Contents

REST API Authentication

Welcome to the setup guide for the miniOrange REST API Authentication add-on, which enables you to secure your Jira, Confluence, and Bitbucket REST APIs using,

API Keys

OAuth 2.0 Tokens

Atlassian's REST APIs support only two authentication methods: basic authentication and OAuth 1.0. However, this plugin offers additional functionality, such as the ability to set the maximum expiry time for API tokens, use bearer tokens for automation tools, and restrict access to REST APIs based on IP addresses and User Groups.
Additionally, the plugin supports JWT token and OAuth 2.0 authentication and can be configured for access control to Jira's default authentication methods.
In this guide, we will walk you through the steps to configure an API token and Azure AD as a provider for the miniOrange REST API Authentication Plugin.

You can refer the steps to configure Rest API Authentication from the video or documentation given below

Download And Installation

Log into your Atlassian instance as an admin.
Navigate to the settings menu and click Manage Apps.
Click Find new apps or Find new add-ons from the left-hand side of the page.
Locate API Token/OAuth Authentication app.
Click Try free to begin a new trial or Buy now to purchase a license.
Enter your information and click Generate license when redirected to MyAtlassian.
Click Apply license.

Step 1: Plugin Configuration:

Follow below steps to configure miniOrange API Authentication add-on.

API key
OAuth 2.0

API key

You can create API keys or Bearer API tokens by clicking on the Add key button under API token tab .

Select the type of the key - Basic/Bearer.
Set the expiry interval and count of the token. It could also be set to never.
Tokens could also be sent to the user via email.
Finally, click on the Create button.

NOTE : Please copy the generated key as it won't be visible once you close the dialogue box.

API key settings -

Here you can set the Maximum expiry time that the tokens can have.

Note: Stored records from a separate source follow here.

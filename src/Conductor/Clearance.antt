-- ===== src/Conductor/Clearance.antt =====
-- pkgs/host/agent/src/conductor.rs: no tool runs on a call that its gate has not just cleared. The
-- proof is a rule for invariants of the shared state.
pub mod Turn
use jan_klod.Common.{
  ℕ, zero, suc, ◌≡◌, refl, ap, subst, String, Bool, true, false, List, [], ◌∷◌, Option, none, some,
  Result, ok, err, inl, inr, All, Bool-cases, Result-cases,
}
use jan_klod.Turn.{UserPrompt, Event, Message, ToolCall, tool_invoked, Flow, continue, stop}
use jan_klod.Intercept.Types.{
  Phase, HookState, InterceptInput, Interceptor, Completer, PendingRequest, Completion, Outcome,
  proceeded, blocked, was_truncated,
}
use jan_klod.Intercept.Dispatch.{Verdict}
use jan_klod.Intercept.Passes.{
  Settles, proceeds, replaces, blocks, fails_closed, fails_open, asks, Dispatches, end, skip, pass,
  refuse,
}
use jan_klod.Intercept.Passes.Sound.{dispatch-Dispatches}
use jan_klod.Conductor.Effects.{M, Parts, Limits, dispatch_phase, max_retries}
use jan_klod.Conductor.Provider.{
  fallback_loop, fallback_from, complete_with_fallback, warn_truncated, check_completion, attempt,
  last_attempt, or_retry, retry_loop, complete_validated, Attempt, failed, accepted, malformed,
}
use jan_klod.Conductor.Tools.{ToolPass, effective_call, gated_invoke, run_tool_call, run_tool_calls}
use jan_klod.Conductor.Rules.{Ensures, pending, back, Ensures-some, Ensures-of, >>=-Ensures}

-- A call that the `tool-call` gate lets through: every subscribed interceptor has decided to
-- proceed or to replace it, and the client has been told of it; `w` is the state right after that.
pub record IsCleared {W : Type 0} (p : Parts W) (c : ToolCall) (w : W) : Type 0 where
  pub call : ToolCall
  pub state : HookState
  pub before : W
  pub after : W
  pub gate :
      Dispatches p.driver Phase.tool_call proceeded state after p.interceptors
        (HookState.tool_call call)
        before
  pub effective : c ≡ effective_call call state
  pub announced : w ≡ (p.sink.emit (tool_invoked c) after).1

-- What is asked of the attached parts: they keep `P`, the tools on cleared calls only.
pub record Keeps {W : Type 0} (P : W → Type 0) (p : Parts W) : Type 0 where
  pub intercepts :
      All
        (λ (i : Interceptor W). (x : InterceptInput) (w : W) → P w → P (i.intercept x w).1)
        p.interceptors
  pub completes :
      All
        (λ (c : Completer W). (r : PendingRequest) (w : W) → P w → P (c.complete r w).1)
        p.providers
  pub asking : (q : UserPrompt) (w : W) → P w → P (p.driver.ask q w).1
  pub following : (w : W) → P w → P (p.driver.follow_up w).1
  pub emitting : (e : Event) (w : W) → P w → P (p.sink.emit e w).1
  pub binding : (s : String) (w : W) → P w → P (p.tools.bind_session s w)
  pub invoking :
      (c : ToolCall) (w : W) → IsCleared p c w → P w → P (p.tools.invoke_asking c p.driver w).1

module _ {W : Type 0} {P : W → Type 0} {p : Parts W} (keeps : Keeps P p) where
  Settles-keeps :
      {phase : Phase} (i : Interceptor W) {s : HookState} {v : Verdict} {w' : W} {a : Option String}
      {w : W}
      → ((x : InterceptInput) (u : W) → P u → P (i.intercept x u).1)
      → Settles p.driver phase i s v w' a w
      → P w
      → P w'
  Settles-keeps i k (proceeds e f g) h = rw f (k _ _ h)
  Settles-keeps i k (replaces t e f g) h = rw f (k _ _ h)
  Settles-keeps i k (blocks r e f g) h = rw f (k _ _ h)
  Settles-keeps i k (fails_closed x n e f g) h = rw f (k _ _ h)
  Settles-keeps i k (fails_open x n e f g) h = rw f (k _ _ h)
  Settles-keeps i k (asks q e f rest) h =
      Settles-keeps i k rest (subst P (ap (λ (r : String × W). r.1) f) (keeps.asking q _ (k _ _ h)))

  Dispatches-keeps :
      {phase : Phase} {o : Outcome} {s' : HookState} {w' : W} {is : List (Interceptor W)}
      {s : HookState} {w : W}
      → All (λ (i : Interceptor W). (x : InterceptInput) (u : W) → P u → P (i.intercept x u).1) is
      → Dispatches p.driver phase o s' w' is s w
      → P w
      → P w'
  Dispatches-keeps k (end e f g) h = rw g h
  Dispatches-keeps k (skip e d) h = Dispatches-keeps k.1 d h
  Dispatches-keeps k (pass e st d) h = Dispatches-keeps k.1 d (Settles-keeps _ k.0 st h)
  Dispatches-keeps k (refuse r e st f g) h = Settles-keeps _ k.0 st h

  abbrev pub Kept : {A : Type 0} → Option (A × W) → Type 0
  Kept {A} o = Ensures (λ (a : A) (w : W). P w) o

  pub dispatch_keeps :
      (phase : Phase) (s : HookState) (w : W)
      → P w
      → Ensures
          (λ r w'. P w' × Dispatches p.driver phase r.0 r.1 w' p.interceptors s w)
          (dispatch_phase p phase s w)
  dispatch_keeps phase s w h = Ensures-of _ λ r w' e.
      let d = dispatch-Dispatches p.driver phase p.ask_fuel p.interceptors s w r.0 r.1 w' e in
      (Dispatches-keeps keeps.intercepts d h, d)

  fallback_loop_keeps :
      (request : PendingRequest) (cs : List (Completer W)) (failures : List String) (w : W)
      → All (λ (c : Completer W). (r : PendingRequest) (u : W) → P u → P (c.complete r u).1) cs
      → P w
      → P (fallback_loop p request cs failures w).1
  unfolding fallback_loop
  fallback_loop_keeps request [] failures w k h = h
  fallback_loop_keeps request (c ∷ cs) failures w (k, ks) h =
      elim (Result-cases (c.complete request w).0) [
        | inl (completion, e) ↦ rw (e, fallback_loop) (k request w h)
        | inr (reason, e) ↦
            rw (e, fallback_loop)
              (fallback_loop_keeps request cs _ _ ks (keeps.emitting _ _ (k request w h)))
      ]

  fallback_from_keeps :
      (cs : List (Completer W)) (request : PendingRequest) (w : W)
      → All (λ (c : Completer W). (r : PendingRequest) (u : W) → P u → P (c.complete r u).1) cs
      → P w
      → P (fallback_from p cs request w).1
  unfolding fallback_from
  fallback_from_keeps [] request w k h = h
  fallback_from_keeps (c ∷ cs) request w k h = fallback_loop_keeps request (c ∷ cs) [] w k h

  warn_truncated_keeps : (c : Completion) (w : W) → P w → P (warn_truncated p c w)
  unfolding warn_truncated
  warn_truncated_keeps c w h = elim (Bool-cases (was_truncated c)) [
    | inl truncated ↦ rw (truncated, warn_truncated) (keeps.emitting _ w h)
    | inr whole ↦ rw (whole, warn_truncated) h
  ]

  check_completion_keeps : (r : Result Completion String × W) → P r.1 → P (check_completion p r).1
  unfolding check_completion
  check_completion_keeps (err reason, w) h = h
  check_completion_keeps (ok completion, w) h = warn_truncated_keeps completion w h

  attempt_keeps : (request : PendingRequest) (w : W) → P w → P (attempt p request w).1
  unfolding attempt complete_with_fallback
  attempt_keeps request w h =
      check_completion_keeps _ (fallback_from_keeps p.providers request w keeps.completes h)

  last_attempt_keeps : (r : Attempt × W) → P r.1 → P (last_attempt p r).1
  last_attempt_keeps (failed reason, w) h = h
  last_attempt_keeps (accepted completion, w) h = h
  last_attempt_keeps (malformed completion reason, w) h = h

  or_retry_keeps :
      (next : PendingRequest → W → Result Completion String × W) (request : PendingRequest)
      (r : Attempt × W)
      → ((request1 : PendingRequest) (u : W) → P u → P (next request1 u).1)
      → P r.1
      → P (or_retry p next request r).1
  or_retry_keeps next request (failed reason, w) k h = h
  or_retry_keeps next request (accepted completion, w) k h = h
  or_retry_keeps next request (malformed completion reason, w) k h = k _ _ (keeps.emitting _ w h)

  retry_loop_keeps :
      (left : ℕ) (request : PendingRequest) (w : W) → P w → P (retry_loop p left request w).1
  unfolding retry_loop
  retry_loop_keeps zero request w h = last_attempt_keeps _ (attempt_keeps request w h)
  retry_loop_keeps (suc left) request w h =
      or_retry_keeps (retry_loop p left) request _ (retry_loop_keeps left)
        (attempt_keeps request w h)

  pub complete_validated_keeps :
      (request : PendingRequest) (w : W) → P w → P (complete_validated p request w).1
  unfolding complete_validated
  complete_validated_keeps request w h = retry_loop_keeps max_retries request w h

Tokens can be configured with the expiry time less than this value but not greater.

OAuth 2.0

Go to OAuth 2.0 Token tab.
Select the OAuth provider to be configured from the dropdown list. Select a custom OAuth provider if you don’t find your OAuth provider in the list.

Enter the provider specific details (if any, such as domain name in case of Okta) and click on Continue.
For custom OAuth provider, enter the below endpoint

a. User info endpoint.
b. Authorization endpoint.
c. Token Endpoint

Copy the Redirect URI and paste it in the OAuth provider’s callback/redirect URIs.
Enter the details such as client ID, client secret, scope and state.
Finally, to configure the username attribute, click on Get username/email Attribute button.
Click on the Fetch token button. Please make sure you have entered all the necessary information in the previous form as the details such as client Id and Client secret will be used to fetch the OAuth token.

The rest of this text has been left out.